Falstaff - Metropolitan Opera, 12/9/2013
Maestri, Oropesa, Meade, Cano, Blythe, Fanale, Vasile / Levine
As many around the world may discover today, there have been few shows in Met history as thoroughly joyous and satisfying as this one. James Levine seems again miraculously at the peak of his powers, the cast -- particularly Ambrogio Maestri and the women -- is a treat for the ear both solo and in ensemble, and director Robert Carsen, whose first Met masterpiece (yes, that just-retired Onegin, though it was even better before the changes for broadcast) never quite got him the esteem he deserved, responds to Verdi and Boito's blend of humanity and clever construction with his own surplus of both. The play of his images of more-or-less-civilized plenty within a scene-for-scene visual symmetry worthy of some great Lulu staging makes for the finest production of Peter Gelb's tenure.

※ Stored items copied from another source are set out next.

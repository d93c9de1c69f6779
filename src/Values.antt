-- ===== src/Values.antt =====
-- The values of a configuration mapping: a null, a text or a flag; and mappings of such values.
pub mod Laws
use irnmn.Prelude.{
  String, Bool, true, false, not, ◌==◌, differ, is_blank, List, [], ◌∷◌, Option, none, some,
  if◌then◌else◌,
}

pub data Value : Type 0 where
  null : Value
  text : String → Value
  boolean : Bool → Value

-- `a == b`
abbrev pub value_eq : Value → Value → Bool
value_eq null null = true
value_eq (text s) (text t) = s == t
value_eq (boolean a) (boolean b) = not (differ a b)
value_eq _ _ = false

-- `bool(value)`
abbrev pub is_truthy : Value → Bool
is_truthy null = false
is_truthy (text s) = not (is_blank s)
is_truthy (boolean b) = b

-- `str(value)`
abbrev pub to_text : Value → String
to_text null = "None"
to_text (text s) = s
to_text (boolean true) = "True"
to_text (boolean false) = "False"

-- `str(value or default)`
abbrev pub text_or : Value → String → String
text_or null default = default
text_or (text s) default = if is_blank s then default else s
text_or (boolean true) default = "True"
text_or (boolean false) default = default

-- A dict with text keys, in insertion order.
abbrev pub Dict : Type 0
Dict = List (String × Value)

-- `d.get(key)`
unfoldable pub get : String → Dict → Value
get key [] = null
get key ((k, v) ∷ d) = if k == key then v else get key d

-- `d[key] = value`
unfoldable pub put : String → Value → Dict → Dict
put key v [] = (key, v) ∷ []
put key v ((k, u) ∷ d) = if k == key then (k, v) ∷ d else (k, u) ∷ put key v d

-- `d.update(other)`
unfoldable pub update : Dict → Dict → Dict
unfolding put
update d [] = d
update d ((k, v) ∷ other) = update (put k v d) other
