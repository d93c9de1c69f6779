-- ===== src/Cli/Publish.antt =====
-- `publish_images` of tools/powerops_cli.py, over a runner of commands, which may raise and change
-- the world. The images are texts, and a service without one has the empty text.
pub mod Confirmed
use Prim.Native.Char.{code}
use irnmn.Prelude.{
  String, Bool, true, false, not, ◌&&◌, ◌==◌, is_blank, nat_eq, List, [], ◌∷◌, map, all, is_empty,
  ◌&◌, Option, none, some, if◌then◌else◌,
}
use irnmn.Text.{contains}
use irnmn.Values.{text_or, Dict, get}
use irnmn.Effect.{Result, ok, err, Exec, pure, raise_if, lift, value_error, ◌>>=◌, ◌>>◌}

-- `IMAGE_SERVICES`
abbrev pub image_services : List String
image_services = "mistral-api" ∷ "mistral-engine" ∷ "mistral-executor" ∷ "masakari-engine" ∷ []

abbrev pub image_of : Dict → String → String
image_of images service = text_or (get service images) ""

unfoldable pub missing_image : Dict → Dict → List String → Result (Unit {0})
missing_image base derived [] = ok tt
missing_image base derived (service ∷ rest) =
    let later = missing_image base derived rest in
    if is_blank (image_of base service)
    then err (value_error ("missing base image for " & service))
    else if is_blank (image_of derived service)
    then err (value_error ("missing derived image for " & service))
    else later

abbrev pub bad_mappings : Result Dict
bad_mappings = err (value_error "powerops_base_images and powerops_derived_images must be mappings")

abbrev pub checked : Result (Unit {0}) → Dict → Result Dict
checked (ok _) derived = ok derived
checked (err e) derived = err e

-- The derived images of `_image_mappings`; a value that is no mapping is `none`.
unfoldable pub image_mappings : Option Dict → Option Dict → Result Dict
unfolding missing_image
image_mappings (some base) (some derived) =
    checked (missing_image base derived image_services) derived
image_mappings _ _ = bad_mappings

-- `image.split("/", 1)[0]`
unfoldable pub until_slash : String → String
until_slash String.[] = ""
until_slash (String.◌∷◌ c s) =
    let rest = until_slash s in if nat_eq (code c) 47 then "" else String.◌∷◌ c rest

unfoldable pub registry_host : String → Result String
unfolding until_slash
registry_host image =
    if not (contains "/" image)
    then err (value_error "derived image must include an explicit registry host")
    else ok (until_slash image)

abbrev pub host_first : Result String → Result (List String) → Result (List String)
host_first (ok h) (ok hs) = ok (h ∷ hs)
host_first (ok h) (err e) = err e
host_first (err e) _ = err e

-- `{_registry_host(image) for image in images}`
unfoldable pub registries : List String → Result (List String)
unfolding registry_host
registries [] = ok []
registries (image ∷ rest) = host_first (registry_host image) (registries rest)

-- `registries == {confirm_registry}`
abbrev pub is_confirmed : String → List String → Bool
is_confirmed confirm hosts = not (is_empty hosts) && all (λ h. h == confirm) hosts

module _ {W : Type 0} (run : List String → Exec W (Unit {0})) where
  unfoldable pub run_each : (String → List String) → List String → Exec W (Unit {0})
  run_each command [] = pure tt
  run_each command (image ∷ rest) = do run (command image); run_each command rest

  -- From the comparison of the registries on.
  unfoldable pub publish_confirmed :
      String → String → List String → List String → Exec W (List String)
  unfolding run_each
  publish_confirmed engine confirm_registry images hosts = do
    raise_if (not (is_confirmed confirm_registry hosts))
        (value_error "registry confirmation does not match derived image registry")
    run_each (λ image. engine ∷ "image" ∷ "inspect" ∷ image ∷ []) images
    run_each (λ image. engine ∷ "push" ∷ image ∷ []) images
    pure images

  unfoldable pub publish_images : Option Dict → Option Dict → String → String → Exec W (List String)
  unfolding image_mappings registries publish_confirmed
  publish_images base derived engine confirm_registry = do
    found ← lift (image_mappings base derived)
    let images = map (image_of found) image_services
    hosts ← lift (registries images)
    publish_confirmed engine confirm_registry images hosts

(Notice, that is, that Carsen's main visuals reprise themselves in reverse order around the central scene of the bourgeois Eden -- that is, the Ford family kitchen -- from which the fat knight is ejected. What we first see as Falstaff's bed, the stag's head at the restaurant entrance, and horse pictures on the club walls become... well, you'll see, but the fact that his grand white bed has not yet reappeared reminds eye as well as memory that Falstaff's trial -- and perhaps the only weak sequence of the show -- is but temporary.)
On this second night, the short Serban Vasile (in his Met debut!) cut an amusing but not inappropriate figure as Ford. Not sure how the originally-scheduled Franco Vassallo was supposed to look.
If you ever thought that Falstaff was dry, or that the modern Met couldn't do comedy, or that one would never hear a commanding Levine evening again... go and rejoice in how wrong all that was.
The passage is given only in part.